## INPUT RECORDS
------------------------------------------------------------

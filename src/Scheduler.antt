-- ===== src/Scheduler.antt =====
-- scheduler/src/orxtra/scheduler: the dependency graph of a workflow, the validator of its tasks,
-- the file locks of workflows, budgets and the lifecycle handlers.
pub mod Graph
pub mod Locks
pub mod Groups
pub mod Validator
pub mod Budget
pub mod Lifecycle
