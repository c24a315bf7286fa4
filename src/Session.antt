-- ===== src/Session.antt =====
-- session/src/orxtra/session: the price of tokens and the turns of a session.
pub mod Pricing
pub mod Turns
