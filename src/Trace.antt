-- ===== src/Trace.antt =====
-- trace/src/orxtra/trace: the state machines of tasks and runs, and the in-memory storage backend.
pub mod Transitions
pub mod Rows
pub mod Store
pub mod Tasks
pub mod Events
pub mod Runs
pub mod Overseer
pub mod Inbox
pub mod Recovery
pub mod Reader
pub mod Ops
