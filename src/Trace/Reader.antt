-- ===== src/Trace/Reader.antt =====
-- `StorageReader` of trace/src/orxtra/trace/_memory_backend.py: tasks, attempts, iterations,
-- transcripts, runs and the inbox. Here are the queries that show rows, and in the children those of
-- what was learnt and of the event log.
pub mod Knowledge
pub mod History
pub mod Attempts
pub mod Replay
use orxtra.Prelude.{
  ℕ, zero, suc, ◌+◌, String, Bool, true, false, not, ◌&&◌, Option, none, some, List, [], ◌∷◌, ◌++◌,
  map, reverse, ◌==◌, nat_eq, string_eq, ltb, leb, filter, find, take, count, matches_option,
  if◌then◌else◌,
}
use orxtra.Prelude.Json.{Json}
use orxtra.Prelude.Dict.{Dict, get, values}
use orxtra.Prelude.Sorting.{sort_by}
use orxtra.Trace.Transitions.{TaskStatus, RunStatus}
use orxtra.Trace.Rows.{
  Uuid, Time, Decimal, Run, Task, TaskAttempt, Iteration, Transcript, NotepadEntry, InboxItem,
  InboxStatus, Decision, Constraint, Assumption, WorkflowStatus,
}
use orxtra.Trace.Store.{Store}

pub record TaskSummary : Type 0 where
  pub id : Uuid
  pub name : String
  pub status : TaskStatus
  pub task_type : String
  pub parent_task_id : Option Uuid
  pub attempt_count : ℕ

pub record RunSummary : Type 0 where
  pub id : Uuid
  pub intent : String
  pub status : RunStatus
  pub created_at : Time
  pub finished_at : Option Time
  pub created_by : Uuid

pub record RunReport : Type 0 where
  pub run : Run
  pub tasks : List TaskSummary
  pub decisions : List Decision
  pub constraints : List Constraint
  pub assumptions : List Assumption

-- The columns of a transcript that the readers show.
pub record TranscriptTurn : Type 0 where
  pub turn : ℕ
  pub role : String
  pub content : String
  pub tool_calls : Option Json
  pub tokens : Option Json
  pub created_at : Time

pub record NotepadView : Type 0 where
  pub run_id : Uuid
  pub task_name : String
  pub agent_name : String
  pub entry_type : String
  pub text : String
  pub created_at : Time

abbrev pub is_attempt_of : Uuid → TaskAttempt → Bool
is_attempt_of task_id a = a.task_id == task_id

unfoldable pub task_summary : Store → Task → TaskSummary
task_summary s task = record {
  id = task.id;
  name = task.name;
  status = task.status;
  task_type = task.task_type;
  parent_task_id = task.parent_task_id;
  attempt_count = count (is_attempt_of task.id) (values s.task_attempts);
}

unfoldable pub list_tasks : (run_id : Uuid) → Store → List TaskSummary
unfolding task_summary
list_tasks run_id s =
    map (task_summary s) (filter (λ (t : Task). t.run_id == run_id) (values s.tasks))

unfoldable pub read_task_attempt : (task_id : Uuid) (attempt : ℕ) → Store → Option TaskAttempt
read_task_attempt task_id attempt s =
    find (λ (a : TaskAttempt). is_attempt_of task_id a && a.attempt == attempt)
      (values s.task_attempts)

-- `max(xs, key=attempt)`: the first of those with the largest number; `best` is the first element.
unfoldable pub max_attempt : (best : TaskAttempt) → List TaskAttempt → TaskAttempt
max_attempt best [] = best
max_attempt best (a ∷ rest) = max_attempt (if ltb best.attempt a.attempt then a else best) rest

-- `if not matching: return None`, and else the best.
unfoldable pub best_attempt : (matching : List TaskAttempt) → Option TaskAttempt
unfolding max_attempt
best_attempt [] = none
best_attempt (a ∷ rest) = some (max_attempt a rest)

unfoldable pub read_latest_attempt : (task_id : Uuid) → Store → Option TaskAttempt
unfolding best_attempt
read_latest_attempt task_id s =
    best_attempt (filter (is_attempt_of task_id) (values s.task_attempts))

unfoldable pub read_task_attempts : (task_id : Uuid) → Store → List TaskAttempt
unfolding sort_by
read_task_attempts task_id s =
    sort_by (λ (a : TaskAttempt). a.attempt)
      (filter (is_attempt_of task_id) (values s.task_attempts))

unfoldable pub list_iterations : (task_id : Uuid) → Store → List Iteration
unfolding sort_by
list_iterations task_id s =
    sort_by (λ (it : Iteration). it.iteration_index)
      (filter (λ (it : Iteration). it.task_id == task_id) (values s.iterations))

abbrev transcript_turn : Transcript → TranscriptTurn
transcript_turn t = record {
  turn = t.turn;
  role = t.role;
  content = t.content;
  tool_calls = t.tool_calls;
  tokens = t.tokens;
  created_at = t.created_at;
}

unfoldable pub read_transcript : (session_id : Uuid) → Store → List TranscriptTurn
read_transcript session_id s =
    map transcript_turn (filter (λ (t : Transcript). t.session_id == session_id) s.transcripts)

-- The counts of the turns that have some.
unfoldable pub read_session_token_counts : (session_id : Uuid) → List Transcript → List Json
read_session_token_counts session_id [] = []
read_session_token_counts session_id (t ∷ ts) =
    let rest = read_session_token_counts session_id ts in
    elim t.tokens [
      | none ↦ rest
      | some tokens ↦ if t.session_id == session_id then tokens ∷ rest else rest
    ]

unfoldable pub read_session_turn_count : (session_id : Uuid) → Store → ℕ
read_session_turn_count session_id s =
    count (λ (t : Transcript). t.session_id == session_id) s.transcripts

unfoldable pub read_run_report : (run_id : Uuid) → Store → Option RunReport
unfolding list_tasks
read_run_report run_id s = elim (get s.runs run_id) [
  | none ↦ none
  | some run ↦ some (record {
    run = run;
    tasks = list_tasks run_id s;
    decisions = filter (λ (d : Decision). d.run_id == run_id) s.decisions;
    constraints = filter (λ (c : Constraint). c.run_id == run_id) s.constraints;
    assumptions = filter (λ (a : Assumption). a.run_id == run_id) s.assumptions;
  })
]

abbrev run_summary : Run → RunSummary
run_summary r = record {
  id = r.id;
  intent = r.intent;
  status = r.status;
  created_at = r.created_at;
  finished_at = r.finished_at;
  created_by = r.created_by;
}

-- The newest first.
unfoldable pub list_runs : Store → List RunSummary
list_runs s = map run_summary (reverse (values s.runs))

unfoldable pub read_run_config : (run_id : Uuid) → Store → Option Json
read_run_config run_id s = elim (get s.runs run_id) [
  | none ↦ none
  | some run ↦ some run.config_snapshot
]

abbrev pub same_status : InboxStatus → InboxStatus → Bool
same_status InboxStatus.pending InboxStatus.pending = true
same_status InboxStatus.answered InboxStatus.answered = true
same_status InboxStatus.skipped InboxStatus.skipped = true
same_status InboxStatus.rejected InboxStatus.rejected = true
same_status InboxStatus.expired InboxStatus.expired = true
same_status _ _ = false

unfoldable pub read_inbox : (run_id : Uuid) (status : Option InboxStatus) → Store → List InboxItem
unfolding sort_by
read_inbox run_id status s =
    sort_by (λ (i : InboxItem). i.created_at)
      (filter
        (λ (i : InboxItem). i.run_id == run_id && matches_option (same_status i.status) status)
        (values s.inbox_items))

unfoldable pub read_inbox_item : (item_id : Uuid) → Store → Option InboxItem
read_inbox_item item_id s = get s.inbox_items item_id

abbrev notepad_view : NotepadEntry → NotepadView
notepad_view e = record {
  run_id = e.run_id;
  task_name = e.task_name;
  agent_name = e.agent_name;
  entry_type = e.entry_type;
  text = e.text;
  created_at = e.created_at;
}

unfoldable pub read_notepad : (run_id : Uuid) → Store → List NotepadView
read_notepad run_id s =
    map notepad_view (filter (λ (e : NotepadEntry). e.run_id == run_id) s.notepad_entries)

unfoldable pub read_workflow_status : (workflow_id : Uuid) → Store → Option WorkflowStatus
read_workflow_status workflow_id s = get s.workflow_status workflow_id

------------------------------------------------------------

## WHAT IS BEING ASKED
A count is needed of the lines above that hold the word "TaskSummary"; give that count and no other text.

## REPLY TO THE TASK
4